**Problem to work on**
Every entry in the data below needs to be repeated exactly.

Collected data

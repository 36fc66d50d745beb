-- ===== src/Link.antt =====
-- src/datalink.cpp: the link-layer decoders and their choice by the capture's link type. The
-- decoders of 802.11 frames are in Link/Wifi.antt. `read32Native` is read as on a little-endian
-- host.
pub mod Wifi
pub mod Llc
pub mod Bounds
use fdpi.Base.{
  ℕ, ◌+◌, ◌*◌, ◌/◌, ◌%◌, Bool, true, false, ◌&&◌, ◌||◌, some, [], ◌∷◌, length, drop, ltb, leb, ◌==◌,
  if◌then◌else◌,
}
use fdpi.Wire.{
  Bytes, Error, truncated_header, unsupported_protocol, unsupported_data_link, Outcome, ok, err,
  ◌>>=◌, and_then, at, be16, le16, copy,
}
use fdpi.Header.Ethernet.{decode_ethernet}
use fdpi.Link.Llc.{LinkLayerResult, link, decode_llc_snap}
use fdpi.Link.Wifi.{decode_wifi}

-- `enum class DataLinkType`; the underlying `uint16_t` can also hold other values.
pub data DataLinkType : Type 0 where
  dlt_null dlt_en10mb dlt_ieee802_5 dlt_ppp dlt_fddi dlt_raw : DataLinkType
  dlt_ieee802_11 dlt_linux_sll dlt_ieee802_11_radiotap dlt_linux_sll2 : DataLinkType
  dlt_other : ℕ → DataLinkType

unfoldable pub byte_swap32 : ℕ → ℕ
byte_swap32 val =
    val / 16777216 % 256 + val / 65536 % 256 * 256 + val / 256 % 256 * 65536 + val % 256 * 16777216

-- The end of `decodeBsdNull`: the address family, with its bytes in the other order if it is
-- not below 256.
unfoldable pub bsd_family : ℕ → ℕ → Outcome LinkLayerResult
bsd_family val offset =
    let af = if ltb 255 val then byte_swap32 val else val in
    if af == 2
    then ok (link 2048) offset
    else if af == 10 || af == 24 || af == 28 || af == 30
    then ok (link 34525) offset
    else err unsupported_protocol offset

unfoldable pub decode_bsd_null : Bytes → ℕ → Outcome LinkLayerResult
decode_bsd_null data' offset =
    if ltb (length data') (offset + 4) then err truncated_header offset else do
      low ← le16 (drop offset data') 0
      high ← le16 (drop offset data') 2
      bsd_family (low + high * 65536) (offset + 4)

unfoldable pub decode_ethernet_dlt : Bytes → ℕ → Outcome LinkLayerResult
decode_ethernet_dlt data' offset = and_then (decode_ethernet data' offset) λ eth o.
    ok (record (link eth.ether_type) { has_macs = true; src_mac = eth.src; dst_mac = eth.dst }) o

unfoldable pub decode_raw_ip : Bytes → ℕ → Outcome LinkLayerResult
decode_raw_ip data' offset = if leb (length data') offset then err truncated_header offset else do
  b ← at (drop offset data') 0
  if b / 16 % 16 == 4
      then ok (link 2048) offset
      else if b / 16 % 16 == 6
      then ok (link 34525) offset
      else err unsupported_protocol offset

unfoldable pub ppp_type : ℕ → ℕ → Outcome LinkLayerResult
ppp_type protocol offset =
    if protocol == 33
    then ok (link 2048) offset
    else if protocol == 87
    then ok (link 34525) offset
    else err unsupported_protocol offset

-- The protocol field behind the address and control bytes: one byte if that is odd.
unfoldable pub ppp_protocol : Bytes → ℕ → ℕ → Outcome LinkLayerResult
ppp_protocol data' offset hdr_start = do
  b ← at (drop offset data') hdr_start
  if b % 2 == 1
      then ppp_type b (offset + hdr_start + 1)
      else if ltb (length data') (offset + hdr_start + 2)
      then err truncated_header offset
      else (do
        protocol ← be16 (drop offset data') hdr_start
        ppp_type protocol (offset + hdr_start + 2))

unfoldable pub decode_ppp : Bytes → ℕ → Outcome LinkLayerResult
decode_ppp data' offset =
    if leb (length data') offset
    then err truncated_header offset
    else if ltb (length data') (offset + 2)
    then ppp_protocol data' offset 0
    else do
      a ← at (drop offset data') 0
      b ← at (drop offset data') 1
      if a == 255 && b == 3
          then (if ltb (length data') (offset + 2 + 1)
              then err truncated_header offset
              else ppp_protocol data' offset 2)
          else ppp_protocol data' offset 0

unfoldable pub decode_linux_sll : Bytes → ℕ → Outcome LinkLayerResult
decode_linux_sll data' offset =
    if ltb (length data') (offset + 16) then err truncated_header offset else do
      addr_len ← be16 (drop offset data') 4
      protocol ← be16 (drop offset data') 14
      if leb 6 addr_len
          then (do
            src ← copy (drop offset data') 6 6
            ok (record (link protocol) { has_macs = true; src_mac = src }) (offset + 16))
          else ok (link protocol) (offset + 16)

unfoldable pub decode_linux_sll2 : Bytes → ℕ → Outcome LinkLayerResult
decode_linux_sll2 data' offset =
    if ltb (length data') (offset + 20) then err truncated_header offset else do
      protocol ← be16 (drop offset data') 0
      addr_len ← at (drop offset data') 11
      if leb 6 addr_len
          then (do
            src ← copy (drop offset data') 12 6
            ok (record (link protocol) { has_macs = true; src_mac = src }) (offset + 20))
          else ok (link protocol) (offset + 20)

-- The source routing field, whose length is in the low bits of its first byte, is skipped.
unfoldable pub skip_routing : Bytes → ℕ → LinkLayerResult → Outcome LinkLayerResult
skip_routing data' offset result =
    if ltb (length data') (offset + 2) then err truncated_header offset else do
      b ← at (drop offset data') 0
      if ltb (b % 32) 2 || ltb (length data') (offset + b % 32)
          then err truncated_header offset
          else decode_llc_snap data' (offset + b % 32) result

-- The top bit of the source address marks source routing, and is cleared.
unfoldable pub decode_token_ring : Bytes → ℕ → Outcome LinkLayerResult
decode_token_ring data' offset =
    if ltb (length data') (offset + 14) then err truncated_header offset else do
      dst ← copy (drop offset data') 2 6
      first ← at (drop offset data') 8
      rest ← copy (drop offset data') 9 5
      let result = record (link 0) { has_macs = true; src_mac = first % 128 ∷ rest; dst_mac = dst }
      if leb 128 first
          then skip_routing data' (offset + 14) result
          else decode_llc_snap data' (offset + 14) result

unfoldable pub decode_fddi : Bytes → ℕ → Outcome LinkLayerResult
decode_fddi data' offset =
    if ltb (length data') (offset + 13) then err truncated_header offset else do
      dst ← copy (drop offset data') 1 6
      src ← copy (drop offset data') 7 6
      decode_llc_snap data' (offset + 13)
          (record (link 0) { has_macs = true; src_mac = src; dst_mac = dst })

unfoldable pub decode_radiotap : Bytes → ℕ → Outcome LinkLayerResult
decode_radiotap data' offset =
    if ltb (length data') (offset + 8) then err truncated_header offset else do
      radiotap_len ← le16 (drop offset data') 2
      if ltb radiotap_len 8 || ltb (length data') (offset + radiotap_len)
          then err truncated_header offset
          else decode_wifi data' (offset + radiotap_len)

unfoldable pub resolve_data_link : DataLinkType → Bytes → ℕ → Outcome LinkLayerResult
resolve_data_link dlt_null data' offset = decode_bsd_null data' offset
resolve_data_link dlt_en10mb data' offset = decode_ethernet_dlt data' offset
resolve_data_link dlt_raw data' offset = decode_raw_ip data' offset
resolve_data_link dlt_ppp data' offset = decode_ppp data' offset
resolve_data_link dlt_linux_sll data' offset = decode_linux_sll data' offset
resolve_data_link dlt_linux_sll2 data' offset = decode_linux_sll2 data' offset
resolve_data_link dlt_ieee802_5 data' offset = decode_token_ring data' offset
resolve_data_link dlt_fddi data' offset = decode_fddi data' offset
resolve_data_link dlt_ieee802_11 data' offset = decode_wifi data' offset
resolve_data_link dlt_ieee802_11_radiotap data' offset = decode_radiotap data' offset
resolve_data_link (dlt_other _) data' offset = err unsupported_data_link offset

**Result for this task**
repository 36fc66d50d745beb
-- ===== src/Link.antt =====
-- src/datalink.cpp: the link-layer decoders and their choice by the capture's link type. The
-- decoders of 802.11 frames are in Link/Wifi.antt. `read32Native` is read as on a little-endian
-- host.
pub mod Wifi
pub mod Llc
pub mod Bounds
use fdpi.Base.{
  ℕ, ◌+◌, ◌*◌, ◌/◌, ◌%◌, Bool, true, false, ◌&&◌, ◌||◌, some, [], ◌∷◌, length, drop, ltb, leb, ◌==◌,
  if◌then◌else◌,
}
use fdpi.Wire.{
  Bytes, Error, truncated_header, unsupported_protocol, unsupported_data_link, Outcome, ok, err,
  ◌>>=◌, and_then, at, be16, le16, copy,
}
use fdpi.Header.Ethernet.{decode_ethernet}
use fdpi.Link.Llc.{LinkLayerResult, link, decode_llc_snap}
use fdpi.Link.Wifi.{decode_wifi}

-- `enum class DataLinkType`; the underlying `uint16_t` can also hold other values.
pub data DataLinkType : Type 0 where
  dlt_null dlt_en10mb dlt_ieee802_5 dlt_ppp dlt_fddi dlt_raw : DataLinkType
  dlt_ieee802_11 dlt_linux_sll dlt_ieee802_11_radiotap dlt_linux_sll2 : DataLinkType
  dlt_other : ℕ → DataLinkType

unfoldable pub byte_swap32 : ℕ → ℕ
byte_swap32 val =
    val / 16777216 % 256 + val / 65536 % 256 * 256 + val / 256 % 256 * 65536 + val % 256 * 16777216

-- The end of `decodeBsdNull`: the address family, with its bytes in the other order if it is
-- not below 256.
unfoldable pub bsd_family : ℕ → ℕ → Outcome LinkLayerResult
bsd_family val offset =
    let af = if ltb 255 val then byte_swap32 val else val in
    if af == 2
    then ok (link 2048) offset
    else if af == 10 || af == 24 || af == 28 || af == 30
    then ok (link 34525) offset
    else err unsupported_protocol offset

unfoldable pub decode_bsd_null : Bytes → ℕ → Outcome LinkLayerResult
decode_bsd_null data' offset =
    if ltb (length data') (offset + 4) then err truncated_header offset else do
      low ← le16 (drop offset data') 0
      high ← le16 (drop offset data') 2
      bsd_family (low + high * 65536) (offset + 4)

unfoldable pub decode_ethernet_dlt : Bytes → ℕ → Outcome LinkLayerResult
decode_ethernet_dlt data' offset = and_then (decode_ethernet data' offset) λ eth o.
    ok (record (link eth.ether_type) { has_macs = true; src_mac = eth.src; dst_mac = eth.dst }) o

unfoldable pub decode_raw_ip : Bytes → ℕ → Outcome LinkLayerResult
decode_raw_ip data' offset = if leb (length data') offset then err truncated_header offset else do
  b ← at (drop offset data') 0
  if b / 16 % 16 == 4
      then ok (link 2048) offset
      else if b / 16 % 16 == 6
      then ok (link 34525) offset
      else err unsupported_protocol offset

unfoldable pub ppp_type : ℕ → ℕ → Outcome LinkLayerResult
ppp_type protocol offset =
    if protocol == 33
    then ok (link 2048) offset
    else if protocol == 87
    then ok (link 34525) offset
    else err unsupported_protocol offset

-- The protocol field behind the address and control bytes: one byte if that is odd.
unfoldable pub ppp_protocol : Bytes → ℕ → ℕ → Outcome LinkLayerResult
ppp_protocol data' offset hdr_start = do
  b ← at (drop offset data') hdr_start
  if b % 2 == 1
      then ppp_type b (offset + hdr_start + 1)
      else if ltb (length data') (offset + hdr_start + 2)
      then err truncated_header offset
      else (do
        protocol ← be16 (drop offset data') hdr_start
        ppp_type protocol (offset + hdr_start + 2))

unfoldable pub decode_ppp : Bytes → ℕ → Outcome LinkLayerResult
decode_ppp data' offset =
    if leb (length data') offset
    then err truncated_header offset
    else if ltb (length data') (offset + 2)
    then ppp_protocol data' offset 0
    else do
      a ← at (drop offset data') 0
      b ← at (drop offset data') 1
      if a == 255 && b == 3
          then (if ltb (length data') (offset + 2 + 1)
              then err truncated_header offset
              else ppp_protocol data' offset 2)
          else ppp_protocol data' offset 0

unfoldable pub decode_linux_sll : Bytes → ℕ → Outcome LinkLayerResult
decode_linux_sll data' offset =
    if ltb (length data') (offset + 16) then err truncated_header offset else do
      addr_len ← be16 (drop offset data') 4
      protocol ← be16 (drop offset data') 14
      if leb 6 addr_len
          then (do
            src ← copy (drop offset data') 6 6
            ok (record (link protocol) { has_macs = true; src_mac = src }) (offset + 16))
          else ok (link protocol) (offset + 16)

unfoldable pub decode_linux_sll2 : Bytes → ℕ → Outcome LinkLayerResult
decode_linux_sll2 data' offset =
    if ltb (length data') (offset + 20) then err truncated_header offset else do
      protocol ← be16 (drop offset data') 0
      addr_len ← at (drop offset data') 11
      if leb 6 addr_len
          then (do
            src ← copy (drop offset data') 12 6
            ok (record (link protocol) { has_macs = true; src_mac = src }) (offset + 20))
          else ok (link protocol) (offset + 20)

-- The source routing field, whose length is in the low bits of its first byte, is skipped.
unfoldable pub skip_routing : Bytes → ℕ → LinkLayerResult → Outcome LinkLayerResult
skip_routing data' offset result =
    if ltb (length data') (offset + 2) then err truncated_header offset else do
      b ← at (drop offset data') 0
      if ltb (b % 32) 2 || ltb (length data') (offset + b % 32)
          then err truncated_header offset
          else decode_llc_snap data' (offset + b % 32) result

-- The top bit of the source address marks source routing, and is cleared.
unfoldable pub decode_token_ring : Bytes → ℕ → Outcome LinkLayerResult
decode_token_ring data' offset =
    if ltb (length data') (offset + 14) then err truncated_header offset else do
      dst ← copy (drop offset data') 2 6
      first ← at (drop offset data') 8
      rest ← copy (drop offset data') 9 5
      let result = record (link 0) { has_macs = true; src_mac = first % 128 ∷ rest; dst_mac = dst }
      if leb 128 first
          then skip_routing data' (offset + 14) result
          else decode_llc_snap data' (offset + 14) result

unfoldable pub decode_fddi : Bytes → ℕ → Outcome LinkLayerResult
decode_fddi data' offset =
    if ltb (length data') (offset + 13) then err truncated_header offset else do
      dst ← copy (drop offset data') 1 6
      src ← copy (drop offset data') 7 6
      decode_llc_snap data' (offset + 13)
          (record (link 0) { has_macs = true; src_mac = src; dst_mac = dst })

unfoldable pub decode_radiotap : Bytes → ℕ → Outcome LinkLayerResult
decode_radiotap data' offset =
    if ltb (length data') (offset + 8) then err truncated_header offset else do
      radiotap_len ← le16 (drop offset data') 2
      if ltb radiotap_len 8 || ltb (length data') (offset + radiotap_len)
          then err truncated_header offset
          else decode_wifi data' (offset + radiotap_len)

unfoldable pub resolve_data_link : DataLinkType → Bytes → ℕ → Outcome LinkLayerResult
resolve_data_link dlt_null data' offset = decode_bsd_null data' offset
resolve_data_link dlt_en10mb data' offset = decode_ethernet_dlt data' offset
resolve_data_link dlt_raw data' offset = decode_raw_ip data' offset
resolve_data_link dlt_ppp data' offset = decode_ppp data' offset
resolve_data_link dlt_linux_sll data' offset = decode_linux_sll data' offset
resolve_data_link dlt_linux_sll2 data' offset = decode_linux_sll2 data' offset
resolve_data_link dlt_ieee802_5 data' offset = decode_token_ring data' offset
resolve_data_link dlt_fddi data' offset = decode_fddi data' offset
resolve_data_link dlt_ieee802_11 data' offset = decode_wifi data' offset
resolve_data_link dlt_ieee802_11_radiotap data' offset = decode_radiotap data' offset
resolve_data_link (dlt_other _) data' offset = err unsupported_data_link offset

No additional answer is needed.